In the listing below, find the line that contains "event_key u reason (some (b" and the line that contains "apply_change u amount". Quote both and every line between them, exactly, and nothing more.

## Dataset
'''

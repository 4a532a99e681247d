-- ===== src/Shards/Scoped.antt =====
-- app/shards/store.py and models.py: changes of the ledger that wait in a transaction which the
-- caller opened, with the record of one attempt that refuses a second change of one wallet.
use ggumirror_be.Base.{
  ℕ, Bool, true, false, Option, none, some, ◌||◌, List, [], ◌∷◌, ◌++◌, if◌then◌else◌,
}
use mathlib.Core.Logic.{ite}
use native.Mathlib.Decide.{ℕ_discrete}
use ggumirror_be.Base.Int.{ℤ, pos, ◌+ℤ◌, ltb_ℤ}
use ggumirror_be.Base.Text.{Text, text_eq, ◌==◌}
use ggumirror_be.Base.Dict.{Dict, get, insert, erase}
use ggumirror_be.Base.Exec.{Result, ok, err, wallet_already_changed, insufficient_shards}
use ggumirror_be.Shards.Models.{ShardReason, ShardWallet, ShardLedgerEntry}
use ggumirror_be.Shards.Store.{ShardStore, wallet, new_entry, moved_wallet}
use ggumirror_be.Transaction.{Write, done, InMemoryTransaction, new_transaction, add}

pub entry_discrete : Discrete ShardLedgerEntry
entry_discrete = hlevel ℕ_discrete

-- `entries.remove(entry)`
unfoldable pub remove_entry : ShardLedgerEntry → List ShardLedgerEntry → List ShardLedgerEntry
remove_entry e [] = []
remove_entry e (x ∷ xs) = ite (entry_discrete x e) xs (x ∷ remove_entry e xs)

-- `ShardTransactionContext`, with the transaction that it holds.
pub record ShardTransactionContext : Type 0 where
  pub transaction : InMemoryTransaction ShardStore
  pub changed_wallets : List Text

abbrev pub context : ShardTransactionContext
context = record { transaction = new_transaction; changed_wallets = [] }

unfoldable pub member : Text → List Text → Bool
member u [] = false
member u (x ∷ xs) = u == x || member u xs

-- `claim`: a wallet is changed once in an attempt.
unfoldable pub claim_wallet : Text → ShardTransactionContext → Result ShardTransactionContext
claim_wallet u c =
    if member u c.changed_wallets
    then err wallet_already_changed
    else ok (record c { changed_wallets = u ∷ c.changed_wallets })

abbrev pub restore_wallet :
    Text → Option ShardWallet → Dict Text ShardWallet → Dict Text ShardWallet
restore_wallet u none d = erase u d
restore_wallet u (some w) d = insert u w d

-- The write that waits for the commit, and its undo, which knows the state before it.
unfoldable pub after_write : Text → ShardWallet → ShardLedgerEntry → Text → ShardStore → ShardStore
after_write u w entry key s = record s {
  wallets = insert u w s.wallets;
  entries = s.entries ++ entry ∷ [];
  applied = insert key entry s.applied;
}

unfoldable pub undone_write : Text → ShardLedgerEntry → Text → ShardStore → ShardStore → ShardStore
unfolding remove_entry
undone_write u entry key before s = record s {
  wallets = restore_wallet u (get u before.wallets) s.wallets;
  entries = remove_entry entry s.entries;
  applied = erase key s.applied;
}

unfoldable pub staged_write : Text → ShardWallet → ShardLedgerEntry → Text → Write ShardStore
unfolding after_write undone_write
staged_write u w entry key s = done (after_write u w entry key s) (undone_write u entry key s)

pub record Staged : Type 0 where
  pub wallet : ShardWallet
  pub entry : ShardLedgerEntry
  pub applied : Bool
  pub context : ShardTransactionContext

unfoldable pub scoped_entry : ShardStore → Text → ℤ → ShardReason → Text → ℕ → ShardLedgerEntry
scoped_entry s u delta reason key now =
    new_entry key u delta ((wallet s now u).balance +ℤ delta) reason (some key) now

unfoldable pub scoped_wallet : ShardStore → Text → ℤ → ℕ → ShardWallet
scoped_wallet s u delta now = moved_wallet (wallet s now u) u delta now

abbrev pub stage_claimed :
    ShardStore → Text → ℤ → ShardReason → Text → ℕ → Result ShardTransactionContext → Result Staged
stage_claimed s u delta reason key now (err e) = err e
stage_claimed s u delta reason key now (ok c) =
    if ltb_ℤ ((wallet s now u).balance +ℤ delta) (pos 0)
    then err insufficient_shards
    else ok (record {
      wallet = scoped_wallet s u delta now;
      entry = scoped_entry s u delta reason key now;
      applied = true;
      context = record c {
        transaction =
            add
              (staged_write u (scoped_wallet s u delta now) (scoped_entry s u delta reason key now)
                key)
              c.transaction;
      };
    })

abbrev pub stage_unless :
    ShardStore
    → ShardTransactionContext
    → Text
    → ℤ
    → ShardReason
    → Text
    → ℕ
    → Option ShardLedgerEntry
    → Result Staged
stage_unless s c u delta reason key now (some existing) =
    ok (record { wallet = wallet s now u; entry = existing; applied = false; context = c })
stage_unless s c u delta reason key now none =
    stage_claimed s u delta reason key now (claim_wallet u c)

-- `apply_in_transaction`: reads only what is committed, and commits nothing.
unfoldable pub apply_in_transaction :
    ShardStore → ShardTransactionContext → Text → ℤ → ShardReason → Text → ℕ → Result Staged
apply_in_transaction s c u delta reason key now =
    stage_unless s c u delta reason key now (get key s.applied)
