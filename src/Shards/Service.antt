-- ===== src/Shards/Service.antt =====
-- app/shards/service.py, `ShardLedgerService`: the checked entry points, which make the keys. What
-- a user asks for never carries a key of its own.
use ggumirror_be.Base.{ℕ, zero, Bool, true, false, Option, none, some, [], ◌∷◌, ◌++◌, if◌then◌else◌}
use ggumirror_be.Base.Int.{ℤ, pos, neg, ltb_ℤ, leb_ℤ}
use ggumirror_be.Base.Text.{Text, codes}
use ggumirror_be.Base.Exec.{Result, ok, err, ◌>>=◌, ◌>>◌, raise_if, invalid_shard_amount}
use ggumirror_be.Shards.Models.{
  ShardReason, iap_refund, iap_refund_reversed, Document, DocumentKey, PeriodQuota, ExclusiveClaim,
  RefundPlan, ShardMutationResult, ShardRefundResult, ShardRefundReversalResult, max_delta,
}
use ggumirror_be.Shards.Keys.{idempotency_hash}
use ggumirror_be.Shards.Store.{ShardStore, Applied, event_applied, quota_used, apply}
use ggumirror_be.Shards.Refund.{refund_purchase, reverse_refund}
use ggumirror_be.Shards.Scoped.{ShardTransactionContext, Staged, apply_in_transaction}

-- `_checked`; the tests of the type are the types of the model.
unfoldable pub checked : ℤ → Result ℤ
checked amount = do
  raise_if (leb_ℤ amount (pos 0)) invalid_shard_amount
  raise_if (ltb_ℤ (pos max_delta) amount) invalid_shard_amount
  ok amount

abbrev abs_ℤ : ℤ → ℤ
abs_ℤ a = if ltb_ℤ a (pos 0) then neg a else a

abbrev is_zero : ℤ → Bool
is_zero (pos zero) = true
is_zero _ = false

-- `_moved`
unfoldable pub moved : ℤ → Result ℤ
moved delta = do
  raise_if (is_zero delta) invalid_shard_amount
  raise_if (ltb_ℤ (pos max_delta) (abs_ℤ delta)) invalid_shard_amount
  ok delta

abbrev pub mutation : Result Applied × ShardStore → Result ShardMutationResult × ShardStore
mutation (ok (w, e, applied), s) =
    (ok (record { wallet = w; applied = applied; entry_id = none }), s)
mutation (err e, s) = (err e, s)

module _ (sha256 : Text → Text) where
  -- `if external_event_id`: an empty id is no id.
  abbrev pub event_key : Text → ShardReason → Option Text → Option Text
  event_key u reason none = none
  event_key u reason (some []) = none
  event_key u reason (some (b ∷ bs)) = some (idempotency_hash sha256 u reason (b ∷ bs))

  unfoldable pub has_event : ShardStore → Text → ShardReason → Text → Bool
  has_event s u reason event = event_applied s (idempotency_hash sha256 u reason event)

  unfoldable pub quota_key : Text → ShardReason → Text → Text
  quota_key u reason period = idempotency_hash sha256 u reason (codes "quota:" ++ period)

  unfoldable pub period_used : ShardStore → Text → ShardReason → Text → ℕ
  period_used s u reason period = quota_used s (quota_key u reason period)

  abbrev pub period_quota : Text → ShardReason → Option Text → Option ℕ → Option PeriodQuota
  period_quota u reason (some period) (some limit) =
      some (record { key = quota_key u reason period; limit = limit })
  period_quota u reason _ _ = none

  -- `_apply`
  unfoldable pub apply_change :
      Text
      → ℤ
      → ShardReason
      → Option Text
      → Option PeriodQuota
      → Option ExclusiveClaim
      → Text
      → ℕ
      → ShardStore
      → Result ShardMutationResult × ShardStore
  apply_change u delta reason event quota claim fresh now s = mutation (
      apply
        (record {
          user_id = u;
          delta = delta;
          reason = reason;
          key = event_key u reason event;
          quota = quota;
          claim = claim;
        })
        fresh now s)

  abbrev pub credit_checked :
      Text
      → Result ℤ
      → ShardReason
      → Option Text
      → Option PeriodQuota
      → Option ExclusiveClaim
      → Text
      → ℕ
      → ShardStore
      → Result ShardMutationResult × ShardStore
  credit_checked u (err e) reason event quota claim fresh now s = (err e, s)
  credit_checked u (ok amount) reason event quota claim fresh now s =
      apply_change u amount reason event quota claim fresh now s

  unfoldable pub credit :
      Text
      → ℤ
      → ShardReason
      → Option Text
      → Option Text
      → Option ℕ
      → Option ExclusiveClaim
      → Text
      → ℕ
      → ShardStore
      → Result ShardMutationResult × ShardStore
  credit u amount reason event period limit claim fresh now s =
      credit_checked u (checked amount) reason event (period_quota u reason period limit) claim
        fresh now s

  abbrev pub debit_checked :
      Text
      → Result ℤ
      → ShardReason
      → Option Text
      → Text
      → ℕ
      → ShardStore
      → Result ShardMutationResult × ShardStore
  debit_checked u (err e) reason event fresh now s = (err e, s)
  debit_checked u (ok amount) reason event fresh now s =
      apply_change u (neg amount) reason event none none fresh now s

  unfoldable pub debit :
      Text
      → ℤ
      → ShardReason
      → Option Text
      → Text
      → ℕ
      → ShardStore
      → Result ShardMutationResult × ShardStore
  debit u amount reason event fresh now s =
      debit_checked u (checked amount) reason event fresh now s

  unfoldable pub refund_iap :
      Text
      → Text
      → DocumentKey
      → DocumentKey
      → Document
      → (Document → Result RefundPlan)
      → ℕ
      → ShardStore
      → Result ShardRefundResult × ShardStore
  refund_iap u event purchase target document plan now s =
      refund_purchase
        (record {
          user_id = u;
          purchase = purchase;
          target = target;
          document = document;
          key = idempotency_hash sha256 u iap_refund event;
          plan = plan;
        })
        now s

  unfoldable pub reverse_iap_refund :
      Text
      → Text
      → DocumentKey
      → DocumentKey
      → (Document → Result ℤ)
      → ℕ
      → ShardStore
      → Result ShardRefundReversalResult × ShardStore
  reverse_iap_refund u event purchase target remaining now s =
      reverse_refund
        (record {
          user_id = u;
          purchase = purchase;
          target = target;
          key = idempotency_hash sha256 u iap_refund_reversed event;
          remaining = remaining;
        })
        now s

  -- `apply_in_transaction` of the service, which checks the amount and makes the key.
  unfoldable pub scoped_change :
      ShardStore → ShardTransactionContext → Text → ℤ → ShardReason → Text → ℕ → Result Staged
  scoped_change s c u delta reason event now = do
    amount ← moved delta
    apply_in_transaction s c u amount reason (idempotency_hash sha256 u reason event) now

'''

## Exercise solution
  event_key u reason (some (b ∷ bs)) = some (idempotency_hash sha256 u reason (b ∷ bs))

  unfoldable pub has_event : ShardStore → Text → ShardReason → Text → Bool
  has_event s u reason event = event_applied s (idempotency_hash sha256 u reason event)

  unfoldable pub quota_key : Text → ShardReason → Text → Text
  quota_key u reason period = idempotency_hash sha256 u reason (codes "quota:" ++ period)

  unfoldable pub period_used : ShardStore → Text → ShardReason → Text → ℕ
  period_used s u reason period = quota_used s (quota_key u reason period)

  abbrev pub period_quota : Text → ShardReason → Option Text → Option ℕ → Option PeriodQuota
  period_quota u reason (some period) (some limit) =
      some (record { key = quota_key u reason period; limit = limit })
  period_quota u reason _ _ = none

  -- `_apply`
  unfoldable pub apply_change :
      Text
      → ℤ
      → ShardReason
      → Option Text
      → Option PeriodQuota
      → Option ExclusiveClaim
      → Text
      → ℕ
      → ShardStore
      → Result ShardMutationResult × ShardStore
  apply_change u delta reason event quota claim fresh now s = mutation (
      apply
        (record {
          user_id = u;
          delta = delta;
          reason = reason;
          key = event_key u reason event;
          quota = quota;
          claim = claim;
        })
        fresh now s)

  abbrev pub credit_checked :
      Text
      → Result ℤ
      → ShardReason
      → Option Text
      → Option PeriodQuota
      → Option ExclusiveClaim
      → Text
      → ℕ
      → ShardStore
      → Result ShardMutationResult × ShardStore
  credit_checked u (err e) reason event quota claim fresh now s = (err e, s)
  credit_checked u (ok amount) reason event quota claim fresh now s =
      apply_change u amount reason event quota claim fresh now s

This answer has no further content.